Despite this clear reference to feeling shamed and although she used the word “sordid” and “emotionally distressing situation” (Baxter’s personal journal) to describe the situation to her attorney, the journals Baxter shared with me do not reflect many expressions of anger or a desire for vengeance. Instead they reflect a vacillation between trying to organize her thoughts in order to do something to remedy her situation and feeling overwhelmed and yet hopeful that good would result from this loss. During her vacation, which the human resources representative encouraged her to take despite her supervisor’s preferences, Baxter assiduously avoided thoughts of her job. “This was our family time; I didn’t want to spoil it,” she recalled. Nevertheless, thoughts of her loss “came creeping in” and she cried privately in quiet interludes.

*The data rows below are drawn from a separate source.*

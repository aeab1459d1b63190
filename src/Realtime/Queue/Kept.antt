-- ===== src/Realtime/Queue/Kept.antt =====
-- How each branch of `reduceWatcherQueue` treats the submitted events.
use obsidian_yandex_disk_syn.Common.{
  ◌≡◌, refl, ap, ◌∙◌, inl, inr, false, Option, none, some, List, [], ◌∷◌, arith, ◌!=◌, nat_eq,
  bool_eq, option_eq, list_eq, Option-cases, filter, find,
}
use obsidian_yandex_disk_syn.Common.Text.{Text}
use obsidian_yandex_disk_syn.Realtime.Events.{
  FileAction, upload, delete, RealtimeFileEvent, DurableFileRenameEvent, DurableFolderRenameEvent,
  DurableFolderDeleteEvent, WatcherQueueEvent, file_event, folder_delete, folder_rename,
  file_rename, id_of, RenameEvent, file_rename_event, folder_rename_event,
}
use obsidian_yandex_disk_syn.Realtime.Rename.{
  ChildRename, absorbed_child, unrelated_child, successor_child, reduce_folder_child_rename,
  rebased, reduce_rename_chain, leads_to, FolderRenameParentSelection, select_folder_rename_parent,
}
use obsidian_yandex_disk_syn.Realtime.Queue.{
  rebase_queue, reduce_folder_rename, chain_file_rename, reduce_file_rename, find_rename_to,
  reduce_file_event, reduce_folder_delete, reduce_watcher_queue, settle_child, settle_under,
  settle_chain, with_children, run_folder_after, run_file_after, mark_ambiguous,
  replace_predecessor, in_place_of, outlives, follow_by_cases,
}
use obsidian_yandex_disk_syn.Realtime.Waiting.{
  WatcherQueueContext, WatcherQueueReduction, is_submitted_id, initial, enqueue, folder_renames,
  file_renames,
}
use obsidian_yandex_disk_syn.Realtime.Queue.Submitted.{
  submitted, submitted-filter, IsFresh, submitted-enqueue, submitted-rebase_children, RenamesApart,
  Apart, folder_renames-Apart, file_renames-Apart, find-Apart, rebase_children-RenamesApart,
  submitted-rebase_queue,
}

module _ (context : WatcherQueueContext) where
  module _ {T : Type 0} ⦃rename : RenameEvent T⦄ where
    rebased_id-fresh :
        (renames : List T) (event : T) (id : Text)
        → Apart context rename.rename_id renames
        → (reduce_rename_chain renames event context.submitted_watcher_ids).predecessor_id ≡ some id
        → (reduce_rename_chain renames event context.submitted_watcher_ids).disposition ≡ rebased
        → is_submitted_id context id ≡ false
    unfolding reduce_rename_chain
    rebased_id-fresh renames event id apart e d =
        elim (Option-cases (find (leads_to (rename.source event)) renames)) [
          | inl f ↦ ground arith
          | inr (found, f) ↦
              let a = find-Apart context rename.rename_id _ renames found apart f in ground arith
        ]

  submitted-settle_chain :
      {T : Type 0} ⦃rename : RenameEvent T⦄ (wrap : T → WatcherQueueEvent)
      (r : WatcherQueueReduction) (on_running : Text → WatcherQueueReduction) (renames : List T)
      (event : T)
      → ((event : T) → id_of (wrap event) ≡ rename.rename_id event)
      → IsFresh context r.event
      → ((id : Text) → IsFresh context (on_running id).event)
      → ((id : Text) → (on_running id).events ≡ r.events)
      → Apart context rename.rename_id renames
      → submitted context
          (settle_chain wrap context r on_running
            (reduce_rename_chain renames event context.submitted_watcher_ids)).events
        ≡ submitted context r.events
  unfolding settle_chain
  submitted-settle_chain wrap r on_running renames event same fresh freshly kept apart =
      let chain = reduce_rename_chain renames event context.submitted_watcher_ids in
      follow_by_cases
        (λ (next : WatcherQueueReduction).
          submitted context next.events ≡ submitted context r.events)
        chain.predecessor_id chain.disposition (enqueue context r)
        (λ id. enqueue context (on_running id)) (rebase_queue wrap r chain)
        (submitted-enqueue context r fresh)
        (λ id.
          submitted-enqueue context (on_running id) (freshly id) ∙ ap (submitted context) (kept id))
        (λ id e d.
          submitted-rebase_queue context wrap r chain id same
            (rebased_id-fresh renames event id apart e d))

  submitted-folder_rename :
      (existing : List WatcherQueueEvent) (event : DurableFolderRenameEvent)
      → IsFresh context (folder_rename event)
      → RenamesApart context existing
      → submitted context (reduce_folder_rename existing event context).events
        ≡ submitted context existing
  unfolding reduce_folder_rename folder_rename_event with_children initial
  submitted-folder_rename existing event fresh apart =
      let r = with_children context event existing in
      submitted-settle_chain folder_rename r (run_folder_after r event) (folder_renames r.events)
        event (λ event. refl) fresh (λ id. fresh) (λ id. refl)
        (folder_renames-Apart context r.events
          (rebase_children-RenamesApart context event existing apart))
      ∙ submitted-rebase_children context event existing

  submitted-chain_file_rename :
      (r : WatcherQueueReduction) (event : DurableFileRenameEvent)
      → IsFresh context (file_rename event)
      → RenamesApart context r.events
      → submitted context (chain_file_rename r event context).events ≡ submitted context r.events
  unfolding chain_file_rename file_rename_event
  submitted-chain_file_rename before event fresh apart =
      let r = record before { event = file_rename event } in
      submitted-settle_chain file_rename r (run_file_after r) (file_renames r.events) event
        (λ event. refl) fresh (λ id. fresh) (λ id. refl) (file_renames-Apart context r.events apart)

  submitted-settle_child :
      (child : ChildRename) (r : WatcherQueueReduction) (event : DurableFileRenameEvent)
      → IsFresh context (file_rename event)
      → ((next : DurableFileRenameEvent) → child ≡ successor_child next → next.id ≡ event.id)
      → RenamesApart context r.events
      → submitted context (settle_child child r event context).events ≡ submitted context r.events
  unfolding settle_child
  submitted-settle_child absorbed_child r event fresh same apart = refl
  submitted-settle_child unrelated_child r event fresh same apart =
      submitted-chain_file_rename r event fresh apart
  submitted-settle_child (successor_child next) r event fresh same apart =
      submitted-chain_file_rename r next (ap (is_submitted_id context) (same next refl) ∙ fresh)
        apart

  successor-id :
      (parent : DurableFolderRenameEvent) (event next : DurableFileRenameEvent)
      → reduce_folder_child_rename parent event ≡ successor_child next
      → next.id ≡ event.id
  unfolding reduce_folder_child_rename
  successor-id parent event next h = ground arith

  submitted-settle_under :
      (parent : Option DurableFolderRenameEvent) (r : WatcherQueueReduction)
      (event : DurableFileRenameEvent)
      → IsFresh context (file_rename event)
      → RenamesApart context r.events
      → submitted context (settle_under parent r event context).events ≡ submitted context r.events
  unfolding settle_under
  submitted-settle_under none r event fresh apart = submitted-chain_file_rename r event fresh apart
  submitted-settle_under (some parent) r event fresh apart =
      submitted-settle_child (reduce_folder_child_rename parent event) r event fresh
        (successor-id parent event) apart

  mark_ambiguous-id :
      (selection : FolderRenameParentSelection) (event : DurableFileRenameEvent)
      → (mark_ambiguous selection event).id ≡ event.id
  mark_ambiguous-id selection event = ground arith

  submitted-file_rename :
      (existing : List WatcherQueueEvent) (event : DurableFileRenameEvent)
      → IsFresh context (file_rename event)
      → RenamesApart context existing
      → submitted context (reduce_file_rename existing event context).events
        ≡ submitted context existing
  unfolding reduce_file_rename initial
  submitted-file_rename existing event fresh apart =
      let selection = select_folder_rename_parent (folder_renames existing) event.path in
      submitted-settle_under selection.parent _ (mark_ambiguous selection event)
        (ap (is_submitted_id context) (mark_ambiguous-id selection event) ∙ fresh) apart

  find_rename_to-IsFresh :
      (path : Text) (events : List WatcherQueueEvent) (found : DurableFileRenameEvent)
      → find_rename_to context path events ≡ some found
      → IsFresh context (file_rename found)
  unfolding find_rename_to
  find_rename_to-IsFresh path [] found e = cc
  find_rename_to-IsFresh path (file_rename candidate ∷ events) found e =
      ground (arith, find_rename_to-IsFresh path events found)
  find_rename_to-IsFresh path (file_event candidate ∷ events) found e =
      find_rename_to-IsFresh path events found e
  find_rename_to-IsFresh path (folder_rename candidate ∷ events) found e =
      find_rename_to-IsFresh path events found e
  find_rename_to-IsFresh path (folder_delete candidate ∷ events) found e =
      find_rename_to-IsFresh path events found e

  submitted-replace_predecessor :
      (action : FileAction) (existing : List WatcherQueueEvent) (event : RealtimeFileEvent)
      (predecessor : DurableFileRenameEvent)
      → IsFresh context (file_event event)
      → IsFresh context (file_rename predecessor)
      → submitted context (replace_predecessor action existing event predecessor context).events
        ≡ submitted context existing
  unfolding replace_predecessor in_place_of initial
  submitted-replace_predecessor upload existing event predecessor fresh gone = refl
  submitted-replace_predecessor delete existing event predecessor fresh gone =
      submitted-enqueue context (in_place_of predecessor existing event) fresh
      ∙ submitted-filter context (λ candidate. id_of candidate != predecessor.id) existing
          (λ candidate h. ground arith)

  submitted-file_event :
      (existing : List WatcherQueueEvent) (event : RealtimeFileEvent)
      → IsFresh context (file_event event)
      → submitted context (reduce_file_event existing event context).events
        ≡ submitted context existing
  unfolding reduce_file_event initial
  submitted-file_event existing event fresh =
      elim (Option-cases (find_rename_to context event.path existing)) [
        | inl e ↦
            rw (reduce_file_event, e)
              (submitted-enqueue context (initial existing (file_event event)) fresh)
        | inr (found, e) ↦
            rw (reduce_file_event, e)
              (submitted-replace_predecessor event.action existing event found fresh
                (find_rename_to-IsFresh event.path existing found e))
      ]

  submitted-folder_delete :
      (existing : List WatcherQueueEvent) (event : DurableFolderDeleteEvent)
      → IsFresh context (folder_delete event)
      → submitted context (reduce_folder_delete existing event context).events
        ≡ submitted context existing
  unfolding reduce_folder_delete initial
  submitted-folder_delete existing event fresh =
      submitted-enqueue context
        (record (initial existing (folder_delete event)) {
          events = filter (outlives context event.path) existing;
        })
        fresh
      ∙ submitted-filter context (outlives context event.path) existing
          (λ candidate h. ground arith)

  -- A reduction leaves the submitted events of the queue alone: they are all still there, unchanged
  -- and in their order, and no other event of the answer is a submitted one. The incoming event is
  -- not submitted, and no rename in the queue has the identity of a submitted upload or delete.
  pub submitted-reduce_watcher_queue :
      (existing : List WatcherQueueEvent) (incoming : WatcherQueueEvent)
      → IsFresh context incoming
      → RenamesApart context existing
      → submitted context (reduce_watcher_queue existing incoming context).events
        ≡ submitted context existing
  unfolding reduce_watcher_queue
  submitted-reduce_watcher_queue existing (file_event e) fresh apart =
      submitted-file_event existing e fresh
  submitted-reduce_watcher_queue existing (folder_delete e) fresh apart =
      submitted-folder_delete existing e fresh
  submitted-reduce_watcher_queue existing (folder_rename e) fresh apart =
      submitted-folder_rename existing e fresh apart
  submitted-reduce_watcher_queue existing (file_rename e) fresh apart =
      submitted-file_rename existing e fresh apart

When Baxter returned to work, she had no work to do because all of her projects had been redistributed to her staff. She remembers her boss protested while she packed her belongings (he felt she should not bring attention to her status change). In addition, she remembers avoiding her co-workers and eating lunch alone because she felt “in her own world” and not “up to comforting them” and she read in their faces anger, shock, and embarrassment, signs suggesting to her that they did not know how to respond to her humiliation. Her files at home suggest a less narrow story than she recalls: During the weeks after her termination, she received cards of condolence and gifts of flowers and music from co-workers and friends. Not only was her distress her primary emotion for the weeks following her termination, her distress became the focal point of her memory for that time.